Here is a link to the Harmony site: http://www.logitech.com/index.cfm/products/details/US/EN,crid=2084,contentid=9933

I bought a Harmony 880 in November of 2005, and it has been an incredible remote. This is a remote that is a channel surfer's best friend. It has a great feel for everyday use. The 880 is loaded to the kilt at its price point with functions and features. The color screen, which allows for full customization of your theme, backgrounds, icons, slide show pics, and channel logos, adds so much attractiveness while maintaining usefullness. You don't just get eye candy with no function, you get it all.

I happened to get an early production model that had the recharging problem. The problem is caused by a poorly designed cradle charging station. The Logitech engineering dept. was very quick to respond to customer feedback, and identified the problem, and developed a totally new cradle base. The charging cradle is availible to anyone who has the recharging issue totally free of charge. All you have to do is mention that your remote doesn't recharge and tell them you want the new base, and they'll ship it right out to you, no questions asked. You don't have to ship in the old one or anything. Just let 'em know, and you'll get the new cradle and be problem free from there on out.



Other than the recharging issue, I've had no defects or problems. Its been totally awesome using the macro features for the different activities I want to do, such as Watch TV, Watch DVD, Listen to CD, etc... This is what replaces all those original remotes that came with your equipment. Once you've programed the remote and setup your layout, you just push the activity you want, and the 880 blasts the proper commands, and you're on your way. One thing I should note is that the Harmony remotes can only assign macros to the main acitivty buttons, where as some other universal remotes can assign macros to virtually any button. This means that if you need a macro, you'll have to setup a new activity just for that macro. This is something that Harmony doesn't think is necessary, but custom installers would disagree. I don't use any, and I wouldn't find it a pain to setup a macro that way, but its something I should say just in case you might want independant macros.

For the online programming setup, they have default values for each piece of equipment, such as timing delays, but you can customize them to whatever speed is going to maximize your particular system. In other words, if you find that when you add an activity, and you know for certain that your equipment can handle a faster response, then you can go into your commands and reset the delay speed so that your system will operate as fast as is possible and still recognize the commands. Very NICE! The drawback to IR remotes is that you need to keep a straght signal path to the equipment during the entire sequence, whereas with an RF remote, you don't. That's what the Harmony 890 is for, right? That's a pile of cash more, so for me, I'll take the IR remote at this point.
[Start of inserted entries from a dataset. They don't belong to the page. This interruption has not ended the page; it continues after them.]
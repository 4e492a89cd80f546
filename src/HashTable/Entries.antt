-- ===== src/HashTable/Entries.antt =====
-- A table as a partial function from hash codes to elements.
use gray_core.Base.{ℕ, ◌≡◌, ◌⊎◌, inl, inr, refl, sym, ap, ◌∙◌, some, none, List, get_elem?, arith}
use gray_core.Base.Compared.{equal}
use gray_core.Sorted.Laws.{SortLaws, IsSorted}
use gray_core.Sorted.Keys.{Missing, find_for_key_sound}
use gray_core.HashTable.{Hashed, compare_codes, by_code, get_bucket_num, find_arg_for_key}

pub compare_codes-equal : (m n : ℕ) → compare_codes m n ≡ equal → m ≡ n
compare_codes-equal m n h = ground arith

module _ {ℓ} {A : Type ℓ} (hashed : Hashed A) (bits : ℕ) where
  pub by_code-SortLaws : SortLaws (by_code hashed bits)
  by_code-SortLaws = record {
    flips = λ a b. ground arith;
    up = λ c a b h e. ground arith;
    down = λ c a b h e. ground arith;
    alike = λ a b c e. ground arith;
    key_up = λ c a b h e. ground arith;
    key_down = λ c a b h e. ground arith;
  }

  -- An array holds an element.
  abbrev pub Holds : List A → A → Type ℓ
  Holds xs y = (i : ℕ) × (get_elem? xs i ≡ some y)

  abbrev pub Unique : List A → Type ℓ
  Unique xs =
      (i j : ℕ) (x y : A)
      → get_elem? xs i ≡ some x
      → get_elem? xs j ≡ some y
      → hashed.get_hash_code x ≡ hashed.get_hash_code y
      → i ≡ j

  -- Every bucket is sorted, with no two elements of one hash code, and an element is in the bucket
  -- of its hash code.
  pub record IsTable (table : ℕ → List A) : Type ℓ where
    pub sorted : (b : ℕ) → IsSorted (by_code hashed bits) (table b)
    pub unique : (b : ℕ) → Unique (table b)
    pub placed :
        (b : ℕ) (y : A)
        → Holds (table b) y
        → get_bucket_num hashed bits (hashed.get_hash_code y) ≡ b

  -- An element of the table with a hash code.
  abbrev pub Entry : (ℕ → List A) → ℕ → A → Type ℓ
  Entry table rid y = (hashed.get_hash_code y ≡ rid) × ((b : ℕ) × Holds (table b) y)

  abbrev pub NoEntry : (ℕ → List A) → ℕ → Type ℓ
  NoEntry table rid = (y : A) → hashed.get_hash_code y ≡ rid → (b : ℕ) → Holds (table b) y → ⊥

  pub no_entry :
      (table : ℕ → List A) (rid : ℕ)
      → IsTable table
      → Missing (by_code hashed bits) by_code-SortLaws rid (table (get_bucket_num hashed bits rid))
      → NoEntry table rid
  no_entry table rid is missing y code b (i, at) =
      missing i y
        (ap (λ c. get_elem? (table c) i)
            (ap (get_bucket_num hashed bits) (sym code) ∙ is.placed b y (i, at))
          ∙ at)
        (ground (arith, code))

  -- FindArgForKey ends; it gives the element of the table with the hash code, and nullptr only when
  -- no bucket holds one.
  pub find_arg_for_key-Entry :
      (table : ℕ → List A) (rid : ℕ)
      → IsTable table
      → ((y : A) × (find_arg_for_key hashed bits rid table ≡ some (some y)) × Entry table rid y)
        ⊎ ((find_arg_for_key hashed bits rid table ≡ some none) × NoEntry table rid)
  unfolding find_arg_for_key
  find_arg_for_key-Entry table rid is =
      elim (find_for_key_sound (by_code hashed bits) by_code-SortLaws rid
        (table (get_bucket_num hashed bits rid)) (is.sorted (get_bucket_num hashed bits rid))) [
          | inl (i, ends, e) ↦ inl (
            e.element,
            rw (ends, e.at) refl,
            (
              sym (compare_codes-equal rid (hashed.get_hash_code e.element) e.is_equal),
              (get_bucket_num hashed bits rid, (i, e.at)),
            ),
          )
          | inr (ends, missing) ↦ inr (rw ends refl, no_entry table rid is missing)
        ]
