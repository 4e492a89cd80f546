-- ===== src/HashTable/Changes.antt =====
-- AddSpecial and DeleteKey change one entry of the table.
use gray_core.Base.{
  ℕ, suc, ◌+◌, ◌-◌, ◌≤◌, ◌≡◌, ◌≢◌, ◌⊎◌, ◌↔◌, inl, inr, refl, sym, ap, ◌∙◌, true, false, Bool-cases,
  Option, some, none, List, ◌∷◌, ◌++◌, take, drop, length, get_elem?, ltb, ◌==◌, ==→eq, arith,
  tests,
}
use gray_core.Base.Insert.{get_elem?-insert_before, get_elem?-insert_here, get_elem?-insert_after}
use gray_core.Sorted.Laws.{IsSorted}
use gray_core.Base.Insert.{insert_at, insert_at-take}
use gray_core.Sorted.{Near, add_presorted, find_near}
use gray_core.Sorted.Search.{Above, Below, Place, found, after, before, find_near-Place}
use gray_core.Sorted.Laws.{InOrder-elems}
use gray_core.Sorted.Adding.{
  Inserted, earlier, new, later, get_elem-Inserted, insert-IsSorted, none_equal,
}
use gray_core.HashTable.{Hashed, by_code, get_bucket_num, set_bucket, add_special}
use gray_core.HashTable.Entries.{
  compare_codes-equal, by_code-SortLaws, Holds, Unique, IsTable, Entry, NoEntry, no_entry,
}

module _ {ℓ} {A : Type ℓ} (hashed : Hashed A) (bits : ℕ) where
  pub set_bucket-IsTable :
      (table : ℕ → List A) (b : ℕ) (xs : List A)
      → IsTable hashed bits table
      → IsSorted (by_code hashed bits) xs
      → Unique hashed bits xs
      → ((y : A) → Holds hashed bits xs y → get_bucket_num hashed bits (hashed.get_hash_code y) ≡ b)
      → IsTable hashed bits (set_bucket hashed bits table b xs)
  set_bucket-IsTable table b xs is sorted unique placed = record {
    sorted = λ a. elim (Bool-cases (a == b)) [
      | inl here ↦ rw here sorted
      | inr other ↦ rw other (is.sorted a)
    ];
    unique = λ a. elim (Bool-cases (a == b)) [
      | inl here ↦ rw here unique
      | inr other ↦ rw other (is.unique a)
    ];
    placed = λ a y (i, at). elim (Bool-cases (a == b)) [
      | inl here ↦ placed y (i, rw here at at) ∙ sym (==→eq a b here)
      | inr other ↦ is.placed a y (i, rw other at at)
    ];
  }

  -- What a table holds when the bucket b is replaced.
  module _ (table : ℕ → List A) (b : ℕ) (xs : List A) (y : A) where
    pub in_bucket :
        Holds hashed bits xs y → Holds hashed bits (set_bucket hashed bits table b xs b) y
    in_bucket (i, at) = rw here (i, at)
      where
        here : (b == b) ≡ true
        here = ground arith

    pub in_table :
        (a : ℕ)
        → (Holds hashed bits (table b) y → Holds hashed bits xs y)
        → Holds hashed bits (table a) y
        → (c : ℕ) × Holds hashed bits (set_bucket hashed bits table b xs c) y
    in_table a keep (i, at) = elim (Bool-cases (a == b)) [
      | inl here ↦
          (b, in_bucket (keep (i, ap (λ c. get_elem? (table c) i) (sym (==→eq a b here)) ∙ at)))
      | inr other ↦ (a, (i, rw other at))
    ]

    pub out_of_table :
        (a : ℕ)
        → Holds hashed bits (set_bucket hashed bits table b xs a) y
        → Holds hashed bits xs y ⊎ (((a == b) ≡ false) × Holds hashed bits (table a) y)
    out_of_table a (i, at) = elim (Bool-cases (a == b)) [
      | inl here ↦ inl (i, rw here at at)
      | inr other ↦ inr (other, (i, rw other at at))
    ]

  -- What an array holds after an insertion.
  Holds-insert :
      (xs : List A) (p : ℕ) (x y : A)
      → p ≤ length xs
      → Holds hashed bits (take p xs ++ x ∷ drop p xs) y ↔ ((x ≡ y) ⊎ Holds hashed bits xs y)
  Holds-insert xs p x y le = (
    λ (i, at). held (get_elem-Inserted xs p x i y le at),
    λ h. elim h [
      | inl is_new ↦ (p, get_elem?-insert_here xs p x le ∙ ap some is_new)
      | inr (i, at) ↦ elim (Bool-cases (ltb i p)) [
        | inl below ↦ (i, get_elem?-insert_before xs p i x (omega (tests, below)) le ∙ at)
        | inr above ↦ (suc i, get_elem?-insert_after xs p i x (omega (tests, above)) le ∙ at)
      ]
    ],
  )
    where
      held : {i : ℕ} → Inserted xs p x i y → (x ≡ y) ⊎ Holds hashed bits xs y
      held (earlier h at) = inr (_, at)
      held (new h is_new) = inl is_new
      held (later h at) = inr (_, at)

  Unique-insert :
      (xs : List A) (p : ℕ) (x : A)
      → p ≤ length xs
      → Unique hashed bits xs
      → ((y : A) → Holds hashed bits xs y → hashed.get_hash_code y ≢ hashed.get_hash_code x)
      → Unique hashed bits (take p xs ++ x ∷ drop p xs)
  Unique-insert xs p x le unique fresh i j y z at_i at_j same =
      alike (get_elem-Inserted xs p x i y le at_i) (get_elem-Inserted xs p x j z le at_j)
    where
      alike : Inserted xs p x i y → Inserted xs p x j z → i ≡ j
      alike (earlier h e) (earlier k f) = unique i j y z e f same
      alike (earlier h e) (new k f) =
          absurd (fresh y (i, e) (same ∙ sym (ap hashed.get_hash_code f)))
      alike (earlier h e) (later k f) = omega (arith, h, k, unique i (j - 1) y z e f same)
      alike (new h e) (earlier k f) =
          absurd (fresh z (j, f) (sym same ∙ sym (ap hashed.get_hash_code e)))
      alike (new h e) (new k f) = h ∙ sym k
      alike (new h e) (later k f) =
          absurd (fresh z (j - 1, f) (sym same ∙ sym (ap hashed.get_hash_code e)))
      alike (later h e) (earlier k f) = omega (arith, h, k, unique (i - 1) j y z e f same)
      alike (later h e) (new k f) =
          absurd (fresh y (i - 1, e) (same ∙ sym (ap hashed.get_hash_code f)))
      alike (later h e) (later k f) = omega (arith, h, k, unique (i - 1) (j - 1) y z e f same)

  -- The table after an insertion.
  pub record Gains (table table' : ℕ → List A) (x : A) : Type ℓ where
    pub is_table : IsTable hashed bits table'
    pub entries :
        (rid : ℕ) (y : A)
        → Entry hashed bits table' rid y
          ↔ (((hashed.get_hash_code y ≡ rid) × (x ≡ y)) ⊎ Entry hashed bits table rid y)

  insert-Gains :
      (table : ℕ → List A) (x : A) (p : ℕ)
      → IsTable hashed bits table
      → NoEntry hashed bits table (hashed.get_hash_code x)
      → p ≤ length (table (get_bucket_num hashed bits (hashed.get_hash_code x)))
      → IsSorted (by_code hashed bits) (
          take p (table (get_bucket_num hashed bits (hashed.get_hash_code x)))
          ++ x ∷ drop p (table (get_bucket_num hashed bits (hashed.get_hash_code x))))
      → Gains table
          (set_bucket hashed bits table (get_bucket_num hashed bits (hashed.get_hash_code x)) (
            take p (table (get_bucket_num hashed bits (hashed.get_hash_code x)))
            ++ x ∷ drop p (table (get_bucket_num hashed bits (hashed.get_hash_code x)))))
          x
  insert-Gains table x p is missing le sorted =
      let b = get_bucket_num hashed bits (hashed.get_hash_code x) in
      let xs = table b in
      record {
        is_table =
            set_bucket-IsTable table b (take p xs ++ x ∷ drop p xs) is sorted
              (Unique-insert xs p x le (is.unique b) (λ y h same. missing y same b h))
              (λ y h. elim ((Holds-insert xs p x y le).0 h) [
                | inl is_new ↦
                    ap (λ (z : A). get_bucket_num hashed bits (hashed.get_hash_code z)) (sym is_new)
                | inr old ↦ is.placed b y old
              ]);
        entries = λ rid y. (
          λ (code, (a, h)). elim (out_of_table table b (take p xs ++ x ∷ drop p xs) y a h) [
            | inl changed ↦ elim ((Holds-insert xs p x y le).0 changed) [
              | inl is_new ↦ inl (code, is_new)
              | inr old ↦ inr (code, (b, old))
            ]
            | inr (other, old) ↦ inr (code, (a, old))
          ],
          λ h. elim h [
            | inl (code, is_new) ↦ (
              code,
              (
                b,
                in_bucket table b (take p xs ++ x ∷ drop p xs) y
                    ((Holds-insert xs p x y le).1 (inl is_new)),
              ),
            )
            | inr (code, (a, old)) ↦ (
              code,
              in_table table b (take p xs ++ x ∷ drop p xs) y a
                  (λ k. (Holds-insert xs p x y le).1 (inr k)) old,
            )
          ],
        );
      }

  -- What AddSpecial does: it gives the element that is there, or puts in the new one.
  abbrev pub Special : (ℕ → List A) → A → Option ((ℕ → List A) × Option A) → Type ℓ
  Special table x outcome =
      ((y : A) × (outcome ≡ some (table, some y))
        × Entry hashed bits table (hashed.get_hash_code x) y)
      ⊎ ((table' : ℕ → List A) × (outcome ≡ some (table', none))
          × NoEntry hashed bits table (hashed.get_hash_code x)
          × Gains table table' x)

  module _ (table : ℕ → List A) (x : A) (is : IsTable hashed bits table) where
    abbrev bucket : List A
    bucket = table (get_bucket_num hashed bits (hashed.get_hash_code x))

    -- The new element at its place, and the table with it.
    abbrev inserted_at : ℕ → ℕ → List A
    inserted_at p =
        set_bucket hashed bits table (get_bucket_num hashed bits (hashed.get_hash_code x))
          (insert_at hashed.blank bucket p x)

    inserted_at-Gains :
        (p : ℕ)
        → p ≤ length bucket
        → Above ((by_code hashed bits).compare_elems x) bucket p
        → Below ((by_code hashed bits).compare_elems x) bucket p
        → NoEntry hashed bits table (hashed.get_hash_code x) × Gains table (inserted_at p) x
    inserted_at-Gains p le above below =
        let missing : NoEntry hashed bits table (hashed.get_hash_code x) =
          no_entry hashed bits table (hashed.get_hash_code x) is (
            none_equal (by_code hashed bits) (by_code-SortLaws hashed bits) bucket p x above
              below) in
        (
          missing,
          rw (insert_at-take hashed.blank bucket p x le) (
              insert-Gains table x p is missing le (
                insert-IsSorted (by_code hashed bits) (by_code-SortLaws hashed bits) bucket p x
                  (is.sorted (get_bucket_num hashed bits (hashed.get_hash_code x))) le above
                  below)),
        )

    by_place :
        (near : Near)
        → find_near ((by_code hashed bits).compare_elems x) bucket ≡ some near
        → Place ((by_code hashed bits).compare_elems x) bucket near
        → Special table x (add_special hashed bits x table)
    unfolding add_special add_presorted
    by_place near ends (found old at same is_equal) = inl (
      old,
      rw (add_special, ends, is_equal, at) refl,
      (
        sym (compare_codes-equal (hashed.get_hash_code x) (hashed.get_hash_code old) same),
        (get_bucket_num hashed bits (hashed.get_hash_code x), (near.index, at)),
      ),
    )
    by_place near ends (after lt is_greater above below) =
        let gains = inserted_at-Gains (near.index + 1) (omega arith) above below in
        inr
          (inserted_at (near.index + 1), rw (add_special, ends, is_greater) refl, gains.0, gains.1)
    by_place near ends (before le is_less above below) =
        let gains = inserted_at-Gains near.index le above below in
        inr (inserted_at near.index, rw (add_special, ends, is_less) refl, gains.0, gains.1)

    -- AddSpecial ends. It gives the element of the table with the hash code of the new one and
    -- changes nothing; if there is none it gives nullptr and puts in the new element, and the other
    -- entries of the table stay as they are.
    pub add_special-Special : Special table x (add_special hashed bits x table)
    add_special-Special =
        let (near, ends, place) = find_near-Place ((by_code hashed bits).compare_elems x) bucket (
          InOrder-elems (by_code hashed bits) (by_code-SortLaws hashed bits) bucket x
            (is.sorted (get_bucket_num hashed bits (hashed.get_hash_code x)))) in
        by_place near ends place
I should mention a HUGE benefit is the HELP button. What it does is resync all your equipment. Basically, with other remotes you can get totally screwed and lost if you hit a macro and somebody walks in front of the remote and the device, hence disrupting your command. With the Harmony, all you do is hit HELP, and it will ask questions to fix the problem. What it does is resync everything so that the remote knows what devices are ON and what devices are OFF. This is a life saver for people who are unfamiliar with how everything is hooked up, like Grandma or whoever.



One thing that I found could be an improvement is the button layout, but this is just personal preference. I don't use the PLAY, STOP, FF, RW, etc... buttons as much as I do the NUMBER PAD. On the 880, the numbers are located at the very bottom of the remote, so accessing them requires you to hold the remote at the very bottom, which is akward and off balance. The PLAY, STOP, etc... buttons are located above the number pad, and are much easier to use. I rarely use these, and when I do, such as watching a DVD or DVR, I pretty much just hit PLAY or STOP once, and track advance, FF only occasionally. I certainly use the number pad much more frequently, so I would have found a much better "feel" to using the remote if the PLAY, STOP, etc.. buttons were on the very bottom, and the number pad above that. That's about my only complaint. What saves me here is the MEDIA function, where you store your favorite channels. I believe you can store 2 LCD screens worth, which is 8 channels per screen for a total of 16 channels. When I want to watch one of my favorites, I hit the media button and it calls up the first page of my favorites. These have customizable images, and I downloaded the appropriate channel logo for each of my favorites(ESPN uses the ESPN logo, FOX-HD uses the FOX-HD logo, etc...). You can use any image you want, though, like a picture of <a href="http://www.serverlogic3.com/lm/rtl3.asp?si=0&k=mickey%20mouse" onmouseover="window.status='Mickey Mouse'; return true;" onmouseout="window.status=''; return true;">Mickey Mouse</a> for the Disney Channel or whatever, all in FULL COLOR. This just screams COOL FEATURE and sets this remote apart from the other Harmony 6xx series remotes. Anyway, this MEDIA feature makes up for putting the number pad on the bottom because all I have to do is punch my favorite channel button, and ZAP, I'm there. Awesome, I LOVE it.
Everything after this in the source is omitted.